Activity. In the entries below, the lines from the one with "unary_small one stop (x" through the one with "read_unary (zero ∷ r) = 0 ∷ read_unary r" are to be copied exactly; both ends count.

[Stored data]
◇ ◇ ◇ ◇
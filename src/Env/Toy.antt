-- ===== src/Env/Toy.antt =====
-- A concrete environment with every law that the theorems ask of the packages. It hides nothing:
-- a ciphertext is the key, the associated data and the plaintext, written in unary.
use cs4455_epic.Base.{
  ℕ, zero, suc, ◌<◌, ◌≡◌, refl, sym, ap, ◌∙◌, inl, some, List, [], ◌∷◌, ◌++◌, arith, length, take,
  drop, All, All-append, take-append, drop-append, ◌==◌, if◌then◌else◌, All-mono,
}
use cs4455_epic.Base.Dict.{Dict}
use cs4455_epic.Base.Text.{Str, Bytes, lit, str_eq, str_eq_refl}
use cs4455_epic.Codec.Utf8.{IsScalar}
use cs4455_epic.Errors.{Result, ok, err, invalid_tag, value_error}
use cs4455_epic.Env.{Env, IsLawful, AreBytes, Request, Outcome}

abbrev pub replicate : ℕ → ℕ → List ℕ
replicate zero x = []
replicate (suc n) x = x ∷ replicate n x

length-replicate : (n x : ℕ) → length (replicate n x) ≡ n
length-replicate zero x = refl
length-replicate (suc n) x = ap suc (length-replicate n x)

-- Below 5, so both a byte and an ASCII character.
abbrev AreSmall : List ℕ → Type 0
AreSmall = All (λ b. b < 5)

replicate_small : (n x : ℕ) → x < 5 → AreSmall (replicate n x)
replicate_small zero x h = tt
replicate_small (suc n) x h = (h, replicate_small n x h)

small_bytes : (bs : List ℕ) → AreSmall bs → AreBytes bs
small_bytes bs h = All-mono (λ b. b < 5) (λ b. b < 256) (λ b l. omega arith) bs h

-- A list in unary before a rest: every number as so many ones, and a zero.
abbrev digits : ℕ → ℕ → ℕ → List ℕ → List ℕ
digits one stop zero rest = stop ∷ rest
digits one stop (suc n) rest = one ∷ digits one stop n rest

abbrev unary : ℕ → ℕ → List ℕ → List ℕ → List ℕ
unary one stop [] rest = rest
unary one stop (x ∷ xs) rest = digits one stop x (unary one stop xs rest)

digits_small :
    (one stop n : ℕ) (rest : List ℕ)
    → one < 5
    → stop < 5
    → AreSmall rest
    → AreSmall (digits one stop n rest)
digits_small one stop zero rest a b h = (b, h)
digits_small one stop (suc n) rest a b h = (a, digits_small one stop n rest a b h)

unary_small :
    (one stop : ℕ) (xs rest : List ℕ)
    → one < 5
    → stop < 5
    → AreSmall rest
    → AreSmall (unary one stop xs rest)
unary_small one stop [] rest a b h = h
unary_small one stop (x ∷ xs) rest a b h =
    digits_small one stop x (unary one stop xs rest) a b (unary_small one stop xs rest a b h)

abbrev bump : List ℕ → List ℕ
bump [] = []
bump (x ∷ xs) = suc x ∷ xs

abbrev read_unary : List ℕ → List ℕ
read_unary [] = []
read_unary (zero ∷ r) = 0 ∷ read_unary r
read_unary (suc d ∷ r) = bump (read_unary r)

read_digits : (n : ℕ) (rest : List ℕ) → read_unary (digits 1 0 n rest) ≡ n ∷ read_unary rest
read_digits zero rest = refl
read_digits (suc n) rest = ap bump (read_digits n rest)

read-unary : (xs : List ℕ) → read_unary (unary 1 0 xs []) ≡ xs
read-unary [] = refl
read-unary (x ∷ xs) = read_digits x (unary 1 0 xs []) ∙ ap (λ r. x ∷ r) (read-unary xs)

-- The part of a ciphertext that stands for the key and the associated data.
abbrev heading : Bytes → Bytes → Bytes
heading key aad = unary 1 0 key (2 ∷ unary 1 0 aad (2 ∷ []))

abbrev toy_decrypt : Bytes → Bytes → Bytes → Bytes → Result Bytes
toy_decrypt key nonce c aad =
    let h = heading key aad in
    if str_eq (take (length h) c) h then ok (read_unary (drop (length h) c)) else err invalid_tag

toy_decrypt-encrypt : (k n p a : Bytes) → toy_decrypt k n (heading k a ++ unary 1 0 p []) a ≡ ok p
toy_decrypt-encrypt k n p a =
    rw
      (
        take-append (length (heading k a)) (heading k a) (unary 1 0 p []) refl,
        drop-append (length (heading k a)) (heading k a) (unary 1 0 p []) refl,
        str_eq_refl (heading k a),
        read-unary p,
      )
      refl

heading_small : (k a : Bytes) → AreSmall (heading k a)
heading_small k a =
    unary_small 1 0 k _ (omega arith) (omega arith)
      (omega arith, unary_small 1 0 a _ (omega arith) (omega arith) (omega arith, tt))

-- A dict as text: the characters of a key, those of its value, and a 2.
abbrev toy_dumps : Dict Str → Str
toy_dumps [] = []
toy_dumps ((k, v) ∷ d) = unary 4 3 k (unary 1 0 v (2 ∷ toy_dumps d))

abbrev to_key : (List ℕ → List ℕ) → Dict Str → Dict Str
to_key f [] = []
to_key f ((k, v) ∷ d) = (f k, v) ∷ d

abbrev to_value : (List ℕ → List ℕ) → Dict Str → Dict Str
to_value f [] = []
to_value f ((k, v) ∷ d) = (k, f v) ∷ d

abbrev read_digit : ℕ → Dict Str → Dict Str
read_digit zero d = to_value (λ v. 0 ∷ v) d
read_digit (suc zero) d = to_value bump d
read_digit (suc (suc zero)) d = ([], []) ∷ d
read_digit (suc (suc (suc zero))) d = to_key (λ k. 0 ∷ k) d
read_digit (suc (suc (suc (suc n)))) d = to_key bump d

abbrev toy_loads : Str → Dict Str
toy_loads [] = []
toy_loads (c ∷ s) = read_digit c (toy_loads s)

loads_value_digits :
    (n : ℕ) (rest k v : Str) (d : Dict Str)
    → toy_loads rest ≡ (k, v) ∷ d
    → toy_loads (digits 1 0 n rest) ≡ (k, n ∷ v) ∷ d
loads_value_digits zero rest k v d h = ap (read_digit 0) h
loads_value_digits (suc n) rest k v d h = ap (read_digit 1) (loads_value_digits n rest k v d h)

loads_key_digits :
    (n : ℕ) (rest k v : Str) (d : Dict Str)
    → toy_loads rest ≡ (k, v) ∷ d
    → toy_loads (digits 4 3 n rest) ≡ (n ∷ k, v) ∷ d
loads_key_digits zero rest k v d h = ap (read_digit 3) h
loads_key_digits (suc n) rest k v d h = ap (read_digit 4) (loads_key_digits n rest k v d h)

loads_value :
    (v : Str) (rest : Str) (d : Dict Str)
    → toy_loads rest ≡ ([], []) ∷ d
    → toy_loads (unary 1 0 v rest) ≡ ([], v) ∷ d
loads_value [] rest d h = h
loads_value (c ∷ v) rest d h = loads_value_digits c _ [] v d (loads_value v rest d h)

loads_key :
    (k v : Str) (rest : Str) (d : Dict Str)
    → toy_loads rest ≡ ([], v) ∷ d
    → toy_loads (unary 4 3 k rest) ≡ (k, v) ∷ d
loads_key [] v rest d h = h
loads_key (c ∷ k) v rest d h = loads_key_digits c _ k v d (loads_key k v rest d h)

toy_loads-dumps : (d : Dict Str) → toy_loads (toy_dumps d) ≡ d
toy_loads-dumps [] = refl
toy_loads-dumps ((k, v) ∷ d) =
    loads_key k v _ d (loads_value v _ d (ap (λ r. ([], []) ∷ r) (toy_loads-dumps d)))

dumps_small : (d : Dict Str) → AreSmall (toy_dumps d)
dumps_small [] = tt
dumps_small ((k, v) ∷ d) =
    unary_small 4 3 k _ (omega arith) (omega arith)
      (unary_small 1 0 v _ (omega arith) (omega arith) (omega arith, dumps_small d))

abbrev pad : ℕ → List ℕ → List ℕ
pad zero xs = []
pad (suc n) [] = 0 ∷ pad n []
pad (suc n) (x ∷ xs) = x ∷ pad n xs

length-pad : (n : ℕ) (xs : List ℕ) → length (pad n xs) ≡ n
length-pad zero xs = refl
length-pad (suc n) [] = ap suc (length-pad n [])
length-pad (suc n) (x ∷ xs) = ap suc (length-pad n xs)

-- The environment with a given server.
abbrev pub toy : (List Request → Request → Outcome) → Env
toy server = record {
  argon2id = λ secret salt t m p n. secret;
  hkdf_expand = λ n info key. pad n key;
  sha256 = λ b. b;
  keccak256 = λ b. pad 32 b;
  x25519_public = λ k. replicate 32 1;
  x25519_exchange = λ a b. ok (replicate 32 3);
  ed25519_public = λ k. replicate 32 2;
  ed25519_sign = λ k m. ok (unary 1 0 m []);
  ed25519_public_key = λ p. if length p == 32 then ok tt else err value_error;
  ed25519_verify = λ p sig m. str_eq sig (unary 1 0 m []);
  aesgcm_encrypt = λ k n p a. heading k a ++ unary 1 0 p [];
  aesgcm_decrypt = toy_decrypt;
  urandom = λ drawn size. replicate size 1;
  generate_private = λ drawn. replicate 32 4;
  lower = λ s. s;
  dumps = toy_dumps;
  loads = λ s. some (toy_loads s);
  pid = 7;
  base_url = lit "http://localhost:3000/";
  http = server;
}

pub toy-IsLawful : (server : List Request → Request → Outcome) → IsLawful (toy server)
toy-IsLawful server = record {
  length-hkdf_expand = λ n info key h. length-pad n key;
  length-x25519_public = λ k. refl;
  x25519_public_bytes = λ k. small_bytes (replicate 32 1) (replicate_small 32 1 (omega arith));
  exchange_comm = λ a b. refl;
  length-ed25519_public = λ k. refl;
  ed25519_public_bytes = λ k. small_bytes (replicate 32 2) (replicate_small 32 2 (omega arith));
  ed25519_public_key_total = λ p h. ground arith;
  sign_total = λ k m h. (unary 1 0 m [], refl);
  verify-sign = λ k m sig h. ground (arith, str_eq_refl (unary 1 0 m []));
  sign_bytes = λ k m sig h.
      let e : unary 1 0 m [] ≡ sig = cc h in
      rw (sym e) (small_bytes _ (unary_small 1 0 m [] (omega arith) (omega arith) tt));
  decrypt-encrypt = λ k n p a h. toy_decrypt-encrypt k n p a;
  encrypt_bytes = λ k n p a. small_bytes _ (
      All-append (λ b. b < 5) (heading k a) _ (heading_small k a)
        (unary_small 1 0 p [] (omega arith) (omega arith) tt));
  length-urandom = λ drawn size. length-replicate size 1;
  length-keccak256 = λ m. length-pad 32 m;
  urandom_bytes = λ drawn size. small_bytes _ (replicate_small size 1 (omega arith));
  length-generate_private = λ drawn. refl;
  loads-dumps = λ d. ap some (toy_loads-dumps d);
  dumps_scalars = λ d. All-mono (λ b. b < 5) IsScalar (λ b l. inl (omega arith)) _ (dumps_small d);
}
◇ ◇ ◇ ◇
Written solution.
unary_small one stop (x ∷ xs) rest a b h =
    digits_small one stop x (unary one stop xs rest) a b (unary_small one stop xs rest a b h)

abbrev bump : List ℕ → List ℕ
bump [] = []
bump (x ∷ xs) = suc x ∷ xs

abbrev read_unary : List ℕ → List ℕ
read_unary [] = []
read_unary (zero ∷ r) = 0 ∷ read_unary r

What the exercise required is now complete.